I don't really understand their product to well, although revenues are mainly royalty based which appeals to me.

This comes into my portfolio as my smallest holding. It was overpriced when it first listed and has been sold off significantly to what I deem is good value. No liquidity though...

Anyone else aware of esk?


----------



## akliright (21 May 2013)

catfish said:


> I bought a micro parcel today at 80c.
> 
> It's on a PE of 6 if management guidance is correct.
> 
> ...




Did you read their annual report? You know their auditor expressed doubt about ESK as a going concern? Read between the lines, no royalty coming through really, just hoping. A disclosure here, I work in IT and I won't value this company more than $3m (though they seem to be worth $33m given their shares price). They seems to me to be a bunch of guys flogging softwares to sub-contractors aroung the world (clue, they have no direct contract that I can see in their info). And having offices in six countries with a staff of 48 ??!! Sounds fishy to me. Not a well glued team in my opinion. But then, I am looking at them from the point of view of an IT professional.


----------



## Etherstack (30 May 2013)

catfish said:


> I bought a micro parcel today at 80c.
> 
> It's on a PE of 6 if management guidance is correct.
> 
> ...




At a high level we specialise in wireless technology - Etherstack licences its software and designs to companies who manufacture telecommunications equipment primarily for government agencies, and mining and utility companies. Our customer base includes major global companies such as Cisco Systems, Thales Communications, JVC Kenwood, Icom Inc, Raytheon Company, General Dynamics and Rockwell Collins.

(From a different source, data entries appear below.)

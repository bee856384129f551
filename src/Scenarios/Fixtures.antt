-- ===== src/Scenarios/Fixtures.antt =====
-- Concrete third-party functions, configurations, participants and rooms.
use sora_kaigi.Base.{
  ℕ, suc, zero, Bool, true, false, ◌&&◌, ◌||◌, Option, none, some, List, [], ◌∷◌, all, leb,
}
use sora_kaigi.Base.Text.{Str}
use sora_kaigi.Wire.Frames.{KaigiFrame, HelloFrame}
use sora_kaigi.Wire.Codec.{Bytes, Norito}
use sora_kaigi.Hub.State.{
  Crypto, BillingConfig, HubConfig, ConnId, Participant, ParticipantState, RoomState,
}

-- A codec of pings alone.
abbrev ping_to_bytes : KaigiFrame → Option Bytes
ping_to_bytes (KaigiFrame.ping p) = some (7 ∷ p.nonce ∷ [])
ping_to_bytes _ = none

abbrev ping_from_bytes : Bytes → Option KaigiFrame
ping_from_bytes (suc n ∷ nonce ∷ []) = some (KaigiFrame.ping (record { nonce = nonce }))
ping_from_bytes _ = none

abbrev pub pings : Norito
pings = record { to_bytes = ping_to_bytes; decode_from_bytes = ping_from_bytes }

abbrev pub ping : ℕ → KaigiFrame
ping n = KaigiFrame.ping (record { nonce = n })

abbrev is_hex_digit : ℕ → Bool
is_hex_digit c = (leb 48 c && leb c 57) || (leb 65 c && leb c 70) || (leb 97 c && leb c 102)

abbrev pub repeat : ℕ → ℕ → Str
repeat zero c = []
repeat (suc n) c = c ∷ repeat n c

-- 64 hexadecimal digits.
abbrev pub digest : Str
digest = repeat 64 48

abbrev pub crypto : Crypto
crypto = record { hex_decodes = all is_hex_digit; blake3_hex = λ s. digest }

abbrev pub billing : BillingConfig
billing = record {
  default_rate_per_minute_nano = 60;
  anon_zk_extra_fee_per_minute_nano = 5;
  grace_secs = 30;
  check_interval_secs = 5;
  anon_escrow_proof_max_stale_secs = 180;
}

abbrev pub config : HubConfig
config = record {
  billing = billing;
  anon_max_participants = 2;
  allow_free_calls = false;
  require_payment_tx_hash = false;
}

abbrev pub newcomer : Str → ParticipantState
newcomer id = record {
  participant_id = id;
  display_name = none;
  participant_handle = none;
  x25519_pubkey_hex = none;
  x25519_epoch = 0;
  mic_enabled = false;
  video_enabled = false;
  screen_share_enabled = false;
  anonymous_mode = false;
  waiting_room_pending = false;
  hello_seen = false;
  last_billed_at_ms = 0;
  billed_nano_xor = 0;
  billing_remainder_mod_60k = 0;
  paid_nano_xor = 0;
  last_payment_at_ms = none;
  last_escrow_proof_at_ms = none;
  escrow_id = none;
}

-- `a`, `b`, `c`.
abbrev pub a_id : Str
a_id = 97 ∷ []

abbrev pub b_id : Str
b_id = 98 ∷ []

abbrev pub c_id : Str
c_id = 99 ∷ []

abbrev pub joined : Str → ParticipantState
joined id = record (newcomer id) { hello_seen = true }

abbrev pub at_conn : ConnId → ParticipantState → Participant
at_conn conn_id state = record { tx = conn_id; state = state }

abbrev pub room_of : List (ConnId × Participant) → RoomState
room_of participants = record {
  participants = participants;
  device_caps_by_conn = [];
  host_conn_id = some 1;
  host_role_owner = some a_id;
  co_host_conn_ids = [];
  co_host_role_owners = [];
  e2ee_epochs = [];
  key_rotation_ack_epochs = [];
  signed_action_clock_by_signer = [];
  presence_sequence = 0;
  rate_per_minute_nano = 60;
  max_screen_shares = 1;
  room_lock = false;
  waiting_room_enabled = true;
  guest_join_allowed = true;
  local_recording_allowed = true;
  e2ee_required = false;
  max_participants = 1;
  policy_epoch = 0;
  policy_updated_at_ms = 0;
  policy_updated_by = [];
  policy_signature_hex = [];
  permissions_epoch = 0;
  anonymous_mode = false;
  anon_admission_rejections = 0;
  backpressure_dropped_messages = 0;
  backpressure_last_notice_at_ms = 0;
}

abbrev pub hello_as : Str → HelloFrame
hello_as id = record {
  protocol_version = 6;
  participant_id = id;
  display_name = none;
  mic_enabled = false;
  video_enabled = false;
  screen_share_enabled = false;
  hdr_display = false;
  hdr_capture = false;
}

-- The host `a` and the newcomer at connection 2.
abbrev pub host_and_newcomer : RoomState
host_and_newcomer = room_of ((1, at_conn 1 (joined a_id)) ∷ (2, at_conn 2 (newcomer b_id)) ∷ [])

-- The host `a` and `b`, who waits to be admitted.
abbrev pub host_and_waiting : RoomState
host_and_waiting = room_of (
    (1, at_conn 1 (joined a_id))
    ∷ (2, at_conn 2 (record (newcomer b_id) { waiting_room_pending = true }))
    ∷ [])

-- The host `a` and `b`, both of whom have joined.
abbrev pub host_and_guest : RoomState
host_and_guest = room_of ((1, at_conn 1 (joined a_id)) ∷ (2, at_conn 2 (joined b_id)) ∷ [])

At a more detailed level we have three product groups:

Protocols – this is a group of software products that conform to international communications standards and facilitate wireless radio communications. The software is embedded in a chip and put inside a transceiver (a radio set capable of both receiving and transmitting). A good example of this product is the agreement reached with JVCKenwood as announced on the ASX (6 December 2012). The software includes various features and functions such as sophisticated encryption capabilities and the ability to connect a radio network to an LTE mobile phone network.

RF products – our RF team designs transceivers that incorporate Etherstack protocols software and we sell the integrated software and transceiver to equipment manufacturers. If Etherstack is requested to supply the manufactured products, the manufacturing is outsourced.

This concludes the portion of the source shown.